Il divino Altan, un anno fa, a Malcom Pagani del Fatto che gli faceva notare la somiglianza tra Renzi e Berlusconi, replicò: “Non mi pare. Forse le tecniche affabulatorie si somigliano, ma nei suoi occhi non vedo la stessa cupidigia. Alle primarie non l’ho votato, ma una possibilità, da elettore, devo dargliela. Il suo avvento è la cosa più vicina a smuovere le acque che abbiamo visto negli ultimi decenni. Poi è tutto discutibile, ma mandare sempre la palla altrove non è saggio. Cerchiamo di mettere le mani nella pasta che abbiamo davanti a noi, per una volta”. Come poi la pasta renziana sia lievitata, chissà. Però anche Altan, altro vignettista mito della sinistra, mostrava allora quello stesso atteggiamento di attesa, di meglio-questo-che-il-nulla, così bene spiegato da Staino. E il suo omino è sul cesso che si sforza e spera: “Aspetto fiducioso il decreto sblocca Italia”. O la sua donnina dalle tette al vento, che legge un comunicato: “Il popolo potrà visitare la sua sinistra ogni secondo weekend del mese”. Uno che dice al disoccupato: “Lavoro non ce n’è”. E l’altro, linguisticamente avvertito: “Mi trovi un job, allora”.

 

[**Video_box_2**]Argomento delicato, quello che invece sfiora, nelle sue cronache, il famosissimo e illustre Vernacoliere verso l’ancor più illustre corregionale.
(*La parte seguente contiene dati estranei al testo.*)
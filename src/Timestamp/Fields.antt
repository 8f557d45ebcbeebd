-- ===== src/Timestamp/Fields.antt =====
-- src/BSON/Timestamp.c: what the constructor and the other ways to initialise a Timestamp leave.
use dotdeb_php_mongodb.Prelude.{
  ℕ, ◌≤◌, ℤ, pos, negsuc, Bytes, bytes_eq, Bool, true, false, Option, none, some, if◌then◌else◌,
  ◌≡◌, refl, ap, ◌∙◌, Option-cases, inl, inr, arith, sym, codes, leb, ap₂, ◌&&◌, ◌||◌,
}
use dotdeb_php_mongodb.Errors.{Fault}
use dotdeb_php_mongodb.Php.{Zval, Table, Env, name}
use dotdeb_php_mongodb.Php.Hash.{find, key_eq}
use dotdeb_php_mongodb.Timestamp.{
  Timestamp, to_u32, is_out_of_range, timestamp_init, init_from_string, init_from_fields,
  timestamp_init_from_hash, long_as_string, construct_from_strings, construct_timestamp,
  timestamp_properties,
}

-- An object that has been initialised, with its parts in the range of a `uint32_t`.
pub record IsStamp (s : Timestamp) : Type 0 where
  pub is_initialized : s.initialized ≡ true
  pub increment_fits : s.increment ≤ 4294967295
  pub timestamp_fits : s.timestamp ≤ 4294967295

-- Whether two integers are parts of a timestamp.
abbrev pub are_parts : Option (ℤ × ℤ) → Bool
are_parts (some (pos i, pos t)) = leb i 4294967295 && leb t 4294967295
are_parts _ = false

-- What an initialisation does with an increment and a time, if it gets them: it succeeds with these
-- if both are unsigned 32-bit integers, and otherwise it throws and leaves the object as it is.
pub data Attempt (r : Timestamp) (parts : Option (ℤ × ℤ)) : Timestamp × Option Fault → Type 0 where
  succeeded :
      (s : Timestamp)
      → IsStamp s
      → parts ≡ some (pos s.increment, pos s.timestamp)
      → Attempt r parts (s, none)
  refused : (f : Fault) → are_parts parts ≡ false → Attempt r parts (r, some f)

-- Two texts as numbers, if both are.
abbrev pub numbers : Option ℤ → Option ℤ → Option (ℤ × ℤ)
numbers (some i) (some t) = some (i, t)
numbers _ _ = none

abbrev pub read_texts : (Bytes → Option ℤ) → Option Bytes → Option Bytes → Option (ℤ × ℤ)
read_texts strtoll (some i) (some t) = numbers (strtoll i) (strtoll t)
read_texts strtoll _ _ = none

-- The text of an argument that is a long or a text.
abbrev pub argument_text : Env → Zval → Option Bytes
argument_text env (Zval.long v) = some (env.long_to_str v)
argument_text env (Zval.string s) = some s
argument_text env _ = none

-- The parts that two arguments are: two longs, or the numbers of their texts.
abbrev pub argument_parts : Env → (Bytes → Option ℤ) → Zval → Zval → Option (ℤ × ℤ)
argument_parts env strtoll (Zval.long i) (Zval.long t) = some (i, t)
argument_parts env strtoll i t = read_texts strtoll (argument_text env i) (argument_text env t)

-- The parts that two members of a table are: two longs, or the numbers of two texts.
abbrev pub member_parts : (Bytes → Option ℤ) → Option Zval → Option Zval → Option (ℤ × ℤ)
member_parts strtoll (some (Zval.long i)) (some (Zval.long t)) = some (i, t)
member_parts strtoll (some (Zval.string i)) (some (Zval.string t)) = numbers (strtoll i) (strtoll t)
member_parts strtoll _ _ = none

choice-Attempt :
    {parts : Option (ℤ × ℤ)} (r : Timestamp) (b : Bool) (x y : Timestamp × Option Fault)
    → (b ≡ true → Attempt r parts x)
    → (b ≡ false → Attempt r parts y)
    → Attempt r parts (if b then x else y)
choice-Attempt r true x y h i = h refl
choice-Attempt r false x y h i = i refl

to_u32-in_range :
    (v : ℤ) → is_out_of_range v ≡ false → (v ≡ pos (to_u32 v)) × (to_u32 v ≤ 4294967295)
to_u32-in_range (pos n) h = ground arith
to_u32-in_range (negsuc n) h = ground arith

out_of_range-parts :
    (i t : ℤ) → (is_out_of_range i || is_out_of_range t) ≡ true → are_parts (some (i, t)) ≡ false
out_of_range-parts (pos i) (pos t) h = ground arith
out_of_range-parts (pos i) (negsuc t) h = refl
out_of_range-parts (negsuc i) t h = refl

timestamp_init-Attempt : (r : Timestamp) (i t : ℤ) → Attempt r (some (i, t)) (timestamp_init r i t)
unfolding timestamp_init
timestamp_init-Attempt r i t =
    choice-Attempt r (is_out_of_range i) _ _
      (λ hi. refused _ (out_of_range-parts i t (ground (arith, hi))))
      (λ hi.
        choice-Attempt r (is_out_of_range t) _ _
          (λ ht. refused _ (out_of_range-parts i t (ground (arith, ht))))
          (λ ht.
            succeeded _
              (record {
                is_initialized = refl;
                increment_fits = (to_u32-in_range i hi).1;
                timestamp_fits = (to_u32-in_range t ht).1;
              })
              (ap₂ (λ a b. some (a, b)) (to_u32-in_range i hi).0 (to_u32-in_range t ht).0)))

init_from_string-Attempt :
    (strtoll : Bytes → Option ℤ) (r : Timestamp) (i t : Bytes)
    → Attempt r (numbers (strtoll i) (strtoll t)) (init_from_string strtoll r i t)
unfolding init_from_string
init_from_string-Attempt strtoll r i t = elim (Option-cases (strtoll i)) [
  | inl e ↦ rw (init_from_string, e) (refused _ refl)
  | inr (v, e) ↦ elim (Option-cases (strtoll t)) [
    | inl f ↦ rw (init_from_string, e, f) (refused _ refl)
    | inr (w, f) ↦ rw (init_from_string, e, f) (timestamp_init-Attempt r v w)
  ]
]

init_from_fields-Attempt :
    (strtoll : Bytes → Option ℤ) (r : Timestamp) (i t : Option Zval)
    → Attempt r (member_parts strtoll i t) (init_from_fields strtoll r i t)
unfolding init_from_fields
init_from_fields-Attempt strtoll r (some (Zval.long i)) (some (Zval.long t)) =
    timestamp_init-Attempt r i t
init_from_fields-Attempt strtoll r (some (Zval.string i)) (some (Zval.string t)) =
    init_from_string-Attempt strtoll r i t
init_from_fields-Attempt strtoll r _ _ = refused _ refl

construct_from_strings-Attempt :
    (env : Env) (strtoll : Bytes → Option ℤ) (r : Timestamp) (i t : Zval)
    → Attempt r
        (read_texts strtoll (argument_text env i) (argument_text env t))
        (construct_from_strings strtoll r (long_as_string env i) (long_as_string env t))
unfolding construct_from_strings long_as_string
construct_from_strings-Attempt env strtoll r (Zval.string i) (Zval.string t) =
    init_from_string-Attempt strtoll r i t
construct_from_strings-Attempt env strtoll r (Zval.string i) (Zval.long t) =
    init_from_string-Attempt strtoll r i (env.long_to_str t)
construct_from_strings-Attempt env strtoll r (Zval.long i) (Zval.string t) =
    init_from_string-Attempt strtoll r (env.long_to_str i) t
construct_from_strings-Attempt env strtoll r (Zval.long i) (Zval.long t) =
    init_from_string-Attempt strtoll r (env.long_to_str i) (env.long_to_str t)
construct_from_strings-Attempt env strtoll r (Zval.string i) _ = refused _ refl
construct_from_strings-Attempt env strtoll r (Zval.long i) _ = refused _ refl
construct_from_strings-Attempt env strtoll r _ t = refused _ refl

construct-Attempt :
    (env : Env) (strtoll : Bytes → Option ℤ) (r : Timestamp) (i t : Zval)
    → Attempt r (argument_parts env strtoll i t) (construct_timestamp env strtoll r i t)
unfolding construct_timestamp
construct-Attempt env strtoll r (Zval.long i) (Zval.long t) = timestamp_init-Attempt r i t
construct-Attempt env strtoll r i t = construct_from_strings-Attempt env strtoll r i t

-- `Timestamp::__construct` takes two longs as they are, and otherwise the numbers that the texts of
-- two longs or texts are; the initialisation from a table, which `__set_state` and `unserialize`
-- use, takes the members "increment" and "timestamp", both longs or both texts. Each succeeds with
-- exactly these parts if both are unsigned 32-bit integers, and throws and leaves the object as it
-- is if they are not, or if there are none.
pub construct_timestamp-Attempt :
    (env : Env) (strtoll : Bytes → Option ℤ) (r : Timestamp) (i t : Zval) (props : Table)
    → Attempt r (argument_parts env strtoll i t) (construct_timestamp env strtoll r i t)
      × Attempt r
          (member_parts strtoll
            (find props (name (codes "increment")))
            (find props (name (codes "timestamp"))))
          (timestamp_init_from_hash strtoll r props)
unfolding timestamp_init_from_hash
construct_timestamp-Attempt env strtoll r i t props = (
  construct-Attempt env strtoll r i t,
  init_from_fields-Attempt strtoll r (find props (name (codes "increment")))
      (find props (name (codes "timestamp"))),
)

to_u32-small : (n : ℕ) → n ≤ 4294967295 → to_u32 (pos n) ≡ n
to_u32-small n h = ground arith

in_range : (n : ℕ) → n ≤ 4294967295 → is_out_of_range (pos n) ≡ false
in_range n h = ground arith

timestamp_init-small :
    (r : Timestamp) (i t : ℕ)
    → i ≤ 4294967295
    → t ≤ 4294967295
    → timestamp_init r (pos i) (pos t)
      ≡ (record { initialized = true; increment = i; timestamp = t }, none)
unfolding timestamp_init
timestamp_init-small r i t hi ht =
    rw (in_range i hi, in_range t ht, to_u32-small i hi, to_u32-small t ht)

parsed :
    (strtoll : Bytes → Option ℤ) (s : Timestamp) (i t : Bytes) (m n : ℕ)
    → strtoll i ≡ some (pos m)
    → strtoll t ≡ some (pos n)
    → init_from_string strtoll s i t ≡ timestamp_init s (pos m) (pos n)
unfolding init_from_string
parsed strtoll s i t m n h g = rw (init_from_string, h, g)

from_properties :
    (strtoll : Bytes → Option ℤ) (print_u32 : ℕ → Bytes) (s r : Timestamp)
    → timestamp_init_from_hash strtoll s (timestamp_properties print_u32 r)
      ≡ init_from_string strtoll s (print_u32 r.increment) (print_u32 r.timestamp)
unfolding timestamp_init_from_hash timestamp_properties find key_eq bytes_eq init_from_fields
from_properties strtoll print_u32 s r = refl

-- A Timestamp whose parts fit into 32 bits is made again, as it is, from its properties, where
-- `strtoll` reads back what `print_u32` writes.
pub timestamp_init_from_hash-properties :
    (strtoll : Bytes → Option ℤ) (print_u32 : ℕ → Bytes)
    → ((n : ℕ) → n ≤ 4294967295 → strtoll (print_u32 n) ≡ some (pos n))
    → (s r : Timestamp) → IsStamp r
    → timestamp_init_from_hash strtoll s (timestamp_properties print_u32 r) ≡ (r, none)
timestamp_init_from_hash-properties strtoll print_u32 reads s r h =
    from_properties strtoll print_u32 s r
    ∙ parsed strtoll s (print_u32 r.increment) (print_u32 r.timestamp) r.increment r.timestamp
        (reads r.increment h.increment_fits) (reads r.timestamp h.timestamp_fits)
    ∙ timestamp_init-small s r.increment r.timestamp h.increment_fits h.timestamp_fits
    ∙ ap (λ b. (record { initialized = b; increment = r.increment; timestamp = r.timestamp }, none))
        (sym h.is_initialized)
Già nei giorni della sfida con Bersani la metteva così: “Renzi-Bersani. Sfida epocale ner Piddì. Pipiritto contro Pallemosce. La base ’un cià dubbi: ma ’r buo è sempre ’r nostro”. Recentemente, un titolo più dettagliato sulla questione: “Ir padrone vole la fiducia anche su quello! Renzi cià un modesto pipi. Ma ’r Parlamento deve dì che è un cazzo!”. E due personaggi lì accanto: “Modesto, ir pipi di Renzi?!”. “Piccino sì. Ma di morto artezzoso!”. Geniale – al centimetro, diciamo. Ma forse ha ragione Vincino: non è poi così attaccato, in satira e in vignetta (pistolino a parte), almeno non troppo ferocemente, il Renzi ora napoleonico ora mussoliniano ora (addirittura) gramsciano, ora vanitoso ora sospiroso. A parte Vauro, con i cosciotti da boy scout leninista a vista, a favore di telecamera. Al tuo amico Vincino, comunque, Renzi non dispiace troppo. Risataccia: “A Vincino ci piace la Boschi!!!!!!”.